Апраксин этим не обиделся, а только посмеялся батюшке: "Экой ты болтун, все императрице успел рассказать, как в Ольгове эти шуты куролесили".
Нашлись добрые люди, которые и Орловым пересказали, что Корсаков-де государыне все про вас рассказал, как вы кувыркались и у пруда пьяные валялись.
Орловы тогда были мальчики, кутилы и буяны, не страшен был их гнев; но впоследствии, когда они попали в честь, а Григорий и в особую милость, тогда они припомнили Корсакову, что он их журил в Ольгове и обругал одного из них свиньей, и так стали батюшке вредить, что он поневоле принужден был выйти в отставку.
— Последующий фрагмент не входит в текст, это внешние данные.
-- ===== src/Fs/Removed.antt =====
-- `fs_delete` of kern/fs/fs.c: the entry is removed, and the name is in no block of the directory afterwards.
use Prim.Native.Nat.{bit_and}
use astral_os.Common.{
  ℕ, ◌≤◌, ◌<◌, ◌≡◌, ◌≢◌, inl, inr, sym, ap, subst, ◌∙◌, arith, true, false, Bool-cases, some, List,
  length, ◌==◌, ==_iff, Bytes, zeros, get16,
}
use astral_os.Fs.Store.{
  Env, Fs, direct_block, read_block, is_no_inode, inode_block_num, inode_type_dir, type_offset,
}
use astral_os.Fs.Dir.{is_entry, find_entry, update_dir}
use astral_os.Fs.Content.{IsReliable, cell}
use astral_os.Fs.Open.{IsOpen, loaded}
use astral_os.Fs.Entries.{find_entry-Agree, is_entry-Agree, find_entry-lt}
use astral_os.Fs.Cleared.{find_entry-is_entry, find_entry-none, cleared, find_entry-cleared}
use astral_os.Fs.Lookup.{Absent}
use astral_os.Fs.Changed
use astral_os.Fs.Changed.{written, last-direct_block, last-bytes, last-type, last-Absent}

-- No two entries of the directory have the name.
abbrev pub Once : {e : Env} → Fs e → (parent : Bytes) → List ℕ → Type 0
Once s parent name =
    (k k' j j' : ℕ)
    → k < 10
    → k' < 10
    → j < 113
    → j' < 113
    → direct_block parent k ≢ 0
    → direct_block parent k' ≢ 0
    → is_entry (cell s (direct_block parent k)) name j ≡ true
    → is_entry (cell s (direct_block parent k')) name j' ≡ true
    → (k ≡ k') × (j ≡ j')

-- The directory is in the table, is a directory, and has no entry of the name; its inode and its blocks are apart from the
-- bitmaps.
pub record Gone {e : Env} (reliable : IsReliable e) (s : Fs e) (parent_id : ℕ) (name : List ℕ)
    (short : length name ≤ 28) : Type 0 where
  pub valid : is_no_inode s parent_id ≡ false
  pub type : (bit_and (get16 (loaded s parent_id) type_offset) inode_type_dir == 0) ≡ false
  pub absent : (k : ℕ) → k < 10 → Absent reliable s (loaded s parent_id) name short k
  pub apart :
      (s.current_superblock.block_bitmap_block ≢ inode_block_num s parent_id)
      × (s.current_superblock.inode_bitmap_block ≢ inode_block_num s parent_id)
  pub blocks_apart :
      (k : ℕ)
      → k < 10
      → (direct_block (loaded s parent_id) k ≢ s.current_superblock.block_bitmap_block)
        × (direct_block (loaded s parent_id) k ≢ s.current_superblock.inode_bitmap_block)

module _ {e : Env} (reliable : IsReliable e) (s : Fs e) (parent_id : ℕ) (parent : Bytes)
    (name : List ℕ) (short : length name ≤ 28)
    (is_open : IsOpen {e = e} (record { state = s; inode = parent }) parent_id)
    (type : (bit_and (get16 parent type_offset) inode_type_dir == 0) ≡ false)
    (table_apart : s.current_superblock.inode_bitmap_block ≢ inode_block_num s parent_id)
    (blocks_apart : (k : ℕ)
      → k < 10
      → direct_block parent k ≢ s.current_superblock.inode_bitmap_block)
    (once : Once s parent name) where
  -- The entry `u` of the block `t`.
  module _ (t u : ℕ) (buffer : Bytes) (size : ℕ) (lt : t < 10) (there : direct_block parent t ≢ 0)
      (found : find_entry (cell s (direct_block parent t)) name 0 113 ≡ some u) where
    abbrev block : Bytes
    block = (read_block s (direct_block parent t) buffer).1

    fits : u < 113
    fits = omega (arith, find_entry-lt (cell s (direct_block parent t)) name 0 113 u found)

    entry : is_entry (cell s (direct_block parent t)) name u ≡ true
    entry = find_entry-is_entry (cell s (direct_block parent t)) name 0 113 u found

    block-once : (k : ℕ) → k < 113 → is_entry block name k ≡ true → k ≡ u
    block-once k h is =
        (once t t k u lt lt h fits there there
          (is_entry-Agree (cell s (direct_block parent t)) block name k short (λ i l h'.
              reliable.whole s.device (direct_block parent t) e.fresh buffer i (omega arith))
            ∙ is)
          entry).1

    elsewhere : (k : ℕ) → k < 10 → k ≢ t → Absent reliable s parent name short k
    elsewhere k h ne = elim (Bool-cases (direct_block parent k == 0)) [
      | inl missing ↦ inl ((==_iff (direct_block parent k) 0).0 missing)
      | inr other ↦ inr (
          find_entry-none (cell s (direct_block parent k)) name 0 113 (λ j low high.
            elim (Bool-cases (is_entry (cell s (direct_block parent k)) name j)) [
              | inl is ↦
                  absurd
                    (ne (once k t j u h lt high fits (λ z. absurd (ground arith)) there is entry).0)
              | inr is_not ↦ is_not
            ]))
    ]

    distinct : (k : ℕ) → k < 10 → k ≢ t → direct_block parent t ≢ direct_block parent k
    distinct k h ne = is_open.distinct t k lt h (λ z. ne (sym z)) there

    abbrev last : Fs e
    last =
        Changed.last reliable s parent_id parent (cleared block u) t size is_open.valid lt
          is_open.not_table distinct

    same_block : (k : ℕ) → k < 10 → direct_block (loaded last parent_id) k ≡ direct_block parent k
    same_block =
        last-direct_block reliable s parent_id parent (cleared block u) t size is_open.valid lt
          is_open.not_table distinct

    last-Gone : Gone reliable last parent_id name short
    last-Gone = record {
      valid = is_open.valid;
      type =
          ap (λ x. bit_and x inode_type_dir == 0)
            (last-type reliable s parent_id parent (cleared block u) t size is_open.valid lt
              is_open.not_table distinct)
          ∙ type;
      absent = λ k h. elim (Bool-cases (k == t)) [
        | inr other ↦
            let ne : k ≢ t = λ z. absurd (ground arith) in
            last-Absent reliable s parent_id parent (cleared block u) t size is_open.valid lt
              is_open.not_table distinct name short k h ne (elsewhere k h ne)
        | inl here ↦
            let at : t ≡ k = sym ((==_iff k t).0 here) in
            subst (Absent reliable last (loaded last parent_id) name short) at (
              inr (
                ap (λ b. find_entry (cell last b) name 0 113) (same_block t lt)
                ∙ find_entry-Agree (cell last (direct_block parent t)) (cleared block u) name 0 113
                    short (omega arith)
                    (last-bytes reliable s parent_id parent (cleared block u) t size is_open.valid
                      lt is_open.not_table distinct)
                ∙ find_entry-cleared block name u short block-once))
      ];
      apart = (is_open.apart, table_apart);
      blocks_apart = λ k h. (
        (λ z. is_open.not_bitmap k h (sym (same_block k h) ∙ z)),
        (λ z. blocks_apart k h (sym (same_block k h) ∙ z)),
      );
    }

    pub update_dir-Gone :
        Gone reliable (update_dir s parent_id parent size t block zeros u) parent_id name short
    update_dir-Gone =
        subst (λ x. Gone reliable x parent_id name short)
          (sym (
            written reliable s parent_id parent (cleared block u) t size is_open.valid lt
              is_open.not_table distinct))
          last-Gone

    -- The block as it is read has the entry too.
    pub find_entry-read : find_entry block name 0 113 ≡ some u
    find_entry-read =
        find_entry-Agree block (cell s (direct_block parent t)) name 0 113 short (omega arith)
          (λ i l h. reliable.whole s.device (direct_block parent t) buffer e.fresh i h)
        ∙ found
Он часто вспоминал это обстоятельство и, упрекая себя, повторял: "Да, язык мой враг; ведь нужно же мне было ради смеха рассказать это императрице!".
Батюшка участвовал в Семилетней войне и был в сражении при Гросс-Егерсдорфе, в котором Апраксин одержал победу. Тут батюшка едва не лишился жизни, потому что пуля ударила ему в грудь; но так как на нем был надет образ-складень, присланный ему пред войной от его матери, то пуля пробила платье и овчинку, в которую был зашит складень, и отскочила назад. Бабушка была очень благочестива и богомольна и вообще к духовенству и монашеству расположена. Она заповедала своему сыну никогда не выходить из дома, не прочитав 26-го псалма, то есть: "Господь просвещение мое и Спаситель мой, кого убоюся". Батюшка всегда это соблюдал. И точно, он имел всегда сильных врагов, и хотя они старались ему повредить, но, однако, Господь помиловал и сохранил от погибели.